Iran's powerful security forces stand in the way of the protesters. Dozens of people have been reported killed in demonstrations across the country, the real number likely higher than the regime admits. "If they were to decide to really clamp down hard, I think we would see a very, very nasty situation," Parsi said.

So far, it would appear neither Rouhani nor the security forces wish to crack down hard. Rouhani's reformist base would be outraged by state-ordered violence, while continued public embarrassment for the relatively liberal president might play into the hands of the more traditionalist security establishment. If a unified movement coalesces and begins gaining dangerous momentum, "I don't think people have may big doubts that the security establishment will come in very forcefully at that stage," Geranmayeh said.

Trouble with Trump

From an international perspective, the Trump White House "was already positioned to take a tougher approach to Iran well before the protests broke out," Dalia Dassa Kaye, a senior political scientist at the RAND Corporation, told Newsweek. "But the protests no doubt provided more fodder for Trump's escalation against Iran with the U.S. withdrawal from the nuclear agreement and now a mounting pressure campaign to isolate Iran," she said.
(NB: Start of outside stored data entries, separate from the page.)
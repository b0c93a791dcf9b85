-- ===== src/Worker/Numbers.antt =====
-- The numbers that the workers pass to `barrier_wait`.
use altered_ccbench_fork.Common.{
  ℕ, zero, suc, List, [], ◌∷◌, ◌++◌, Bool, true, ltb, ◌&&◌, ◌≡◌, ◌∙◌, refl, ap, arith,
}
use altered_ccbench_fork.Machine.{Config}
use altered_ccbench_fork.Barrier.Init.{num_barriers}
use altered_ccbench_fork.Worker.Event.{Event}
use altered_ccbench_fork.Worker.Program.{run_worker}
use altered_ccbench_fork.Worker.Agreement.{barriers, schedule, rounds, zeros, run_worker_schedule}

-- Each number is that of a barrier.
abbrev pub all_barriers : List ℕ → Bool
all_barriers [] = true
all_barriers (n ∷ ns) = ltb n num_barriers && all_barriers ns

all_barriers-append :
    (ms ns : List ℕ)
    → all_barriers ms ≡ true
    → all_barriers ns ≡ true
    → all_barriers (ms ++ ns) ≡ true
all_barriers-append [] ns h h' = h'
all_barriers-append (m ∷ ms) ns h h' = ground (arith, all_barriers-append ms ns)

all_barriers-schedule : (e : Event) → all_barriers (schedule e ++ 4 ∷ []) ≡ true
all_barriers-schedule Event.store_on_modified = refl
all_barriers-schedule e = ground arith

all_barriers-rounds : (e : Event) (left : ℕ) → all_barriers (rounds e left) ≡ true
all_barriers-rounds e zero = refl
all_barriers-rounds e (suc left) =
    all_barriers-append (schedule e ++ 4 ∷ []) (rounds e left) (all_barriers-schedule e)
      (all_barriers-rounds e left)

all_barriers-zeros : (left : ℕ) → all_barriers (zeros left) ≡ true
all_barriers-zeros zero = refl
all_barriers-zeros (suc left) = all_barriers-zeros left

-- Every number that a worker passes to `barrier_wait` is below `NUM_BARRIERS`, so none of its calls
-- returns by the check of the number.
pub run_worker_numbers :
    (c : Config) (e : Event) (rank : ℕ) → all_barriers (barriers (run_worker c e rank)) ≡ true
run_worker_numbers c e rank =
    ap all_barriers (run_worker_schedule c e rank)
    ∙ all_barriers-append (rounds e c.test_reps) (zeros c.test_cores ++ 11 ∷ 0 ∷ [])
        (all_barriers-rounds e c.test_reps)
        (all_barriers-append (zeros c.test_cores) (11 ∷ 0 ∷ []) (all_barriers-zeros c.test_cores)
          refl)
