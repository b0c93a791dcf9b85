-- ===== src/Tests/Workers.antt =====
-- The theorems on the threads of a test at concrete inputs.
use altered_ccbench_fork.Common.{◌≡◌, [], ◌∷◌, ◌++◌}
use altered_ccbench_fork.Worker.Event
use altered_ccbench_fork.Worker.Program.{run_worker}
use altered_ccbench_fork.Worker.Agreement.{barriers, rounds, zeros, run_worker_schedule}
use altered_ccbench_fork.Worker.Numbers.{all_barriers, run_worker_numbers}
use altered_ccbench_fork.Common.{true}
use altered_ccbench_fork.Tests.Data.{config}

run_worker_schedule_example :
    barriers (run_worker config Event.tas 1)
    ≡ 0 ∷ 0 ∷ (rounds Event.tas 2 ++ (zeros 2 ++ 11 ∷ 0 ∷ []))
run_worker_schedule_example = run_worker_schedule config Event.tas 1

run_worker_numbers_example : all_barriers (barriers (run_worker config Event.tas 1)) ≡ true
run_worker_numbers_example = run_worker_numbers config Event.tas 1
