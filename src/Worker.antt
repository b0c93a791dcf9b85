-- ===== src/Worker.antt =====
-- src/ccbench.c: `run_worker` and the tests.
pub mod Event
pub mod Program
pub mod Exec
pub mod Agreement
pub mod Numbers
pub mod Round
pub mod Outcome
pub mod Interleaved
pub mod Legend
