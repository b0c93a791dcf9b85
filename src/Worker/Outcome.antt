-- ===== src/Worker/Outcome.antt =====
-- What the tests of two cores measure: the results of the operations in every interleaving.
pub mod Calls
pub mod Runs
pub mod Cas
pub mod Tas
pub mod Fai
mod Modified
pub mod CasModified
pub mod TasModified
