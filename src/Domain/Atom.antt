-- ===== src/Domain/Atom.antt =====
-- Experience atoms (include/ccmcp/domain/experience_atom.h, src/domain/experience_atom.cpp).
pub mod Laws
use career_coordination_mcp.Prelude.{
  Str, lit, Bool, true, not, List, [], ◌∷◌, if◌then◌else◌, is_empty, str_eq, strs_eq,
}
use career_coordination_mcp.Core.Result.{Result, ok, err}
use career_coordination_mcp.Core.Normalization.{normalize_ascii_lower, normalize_tags, trim}

pub record ExperienceAtom : Type 0 where
  pub atom_id : Str
  pub domain : Str
  pub title : Str
  pub claim : Str
  pub tags : List Str
  pub verified : Bool
  pub evidence_refs : List Str

unfoldable pub verify : ExperienceAtom → Bool
verify atom = atom.verified

unfoldable pub validate : ExperienceAtom → Result Bool Str
validate atom =
    if is_empty atom.atom_id
    then err (lit "atom_id must not be empty")
    else if is_empty atom.claim
    then err (lit "claim must not be empty")
    else if not (strs_eq atom.tags (normalize_tags atom.tags))
    then err (lit "tags must be normalized (lowercase, sorted, deduplicated)")
    else if not (str_eq atom.domain (normalize_ascii_lower atom.domain))
    then err (lit "domain must be normalized (lowercase)")
    else ok true

-- The loop over the evidence references
unfoldable pub trim_refs : List Str → List Str
unfolding trim
trim_refs [] = []
trim_refs (ref ∷ refs) =
    let rest = trim_refs refs in
    let trimmed = trim ref in if not (is_empty trimmed) then trimmed ∷ rest else rest

unfoldable pub normalize_atom : ExperienceAtom → ExperienceAtom
unfolding normalize_ascii_lower normalize_tags trim_refs
normalize_atom atom = record atom {
  domain = normalize_ascii_lower (trim atom.domain);
  title = trim atom.title;
  claim = trim atom.claim;
  tags = normalize_tags atom.tags;
  evidence_refs = trim_refs atom.evidence_refs;
}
Senior administration officials such as national security adviser John Bolton, presidential attorney Rudy Giuliani and Secretary of State Mike Pompeo have all been bullish in recent comments on the Iranian regime. For Kaye, this shows the White House thinks Iran is vulnerable.

Iranians burn an image of U.S. President Donald Trump during an anti-American demonstration outside the former U.S. embassy in the capital Tehran on May 9. ATTA KENARE/AFP/Getty Images

Of course, such pressure carries its own risks. A more isolated Iran with no nuclear restrictions could be more dangerous than the current scenario. "The risks of the current U.S. approach are high, but the Trump administration appears to be doubling down on it," Kaye said.

But rather than forcing Iran to the negotiating table, initiating regime change or even going to war, Parsi argued that the Trump administration might be considering another option—regime collapse with no replacement government. This could fit the goals of Saudi Arabian and Israeli leaders, with whom Trump is forging a new Middle East alliance.

"Nothing would shift the balance of power in Saudi Arabia's favor more than Iran essentially disintegrating into chaos," Parsi suggested. "An Iran with a proper democratic government, frankly would become a much more potent rival of Saudi Arabia."

Given the chaos observed in disintegrating states like Somalia, Libya and Syria, Parsi went on, "everyone else would be terrified of it." But for the Trump administration and some of its Middle Eastern allies, Iran's collapse might offer a more beneficial scenario than either containment or regime change.

Iranian President Hassan Rouhani attends a meeting with Muslim leaders and scholars in Hyderabad, India, on February 15. Rouhani is facing protests at home and U.S.-led pressure from abroad. REUTERS/Danish Siddiqui

Iran is no stranger to upheaval, war or protest. The Islamic Republic has weathered four decades of challenges, and so far, muddled its way through them all. That said, Geranmayeh believes the country's sense of national unity and cohesion is under threat. "People are so disgruntled and so disillusioned that the external threat of Trump may not be enough to hold the country together," she explained.

"It is no longer enough—as these protests have shown—to keep blaming all the problems of the country on America, and sanctions, and foreign powers," Geranmayeh continued. Iranians are no longer buying it. They are demanding more transparency, accountability and better management of the country's finances.

If Iran's leaders can salvage something from the JCPOA, it may be enough to get the country through to 2020, when the Trump threat will either be removed or reinforced. For Geranmayeh, the country is in trouble, but not in peril. "I really don't fall into the camp that thinks the collapse is around the corner—this is the line that in Washington D.C. we've been getting told for about 40 years now," she concluded.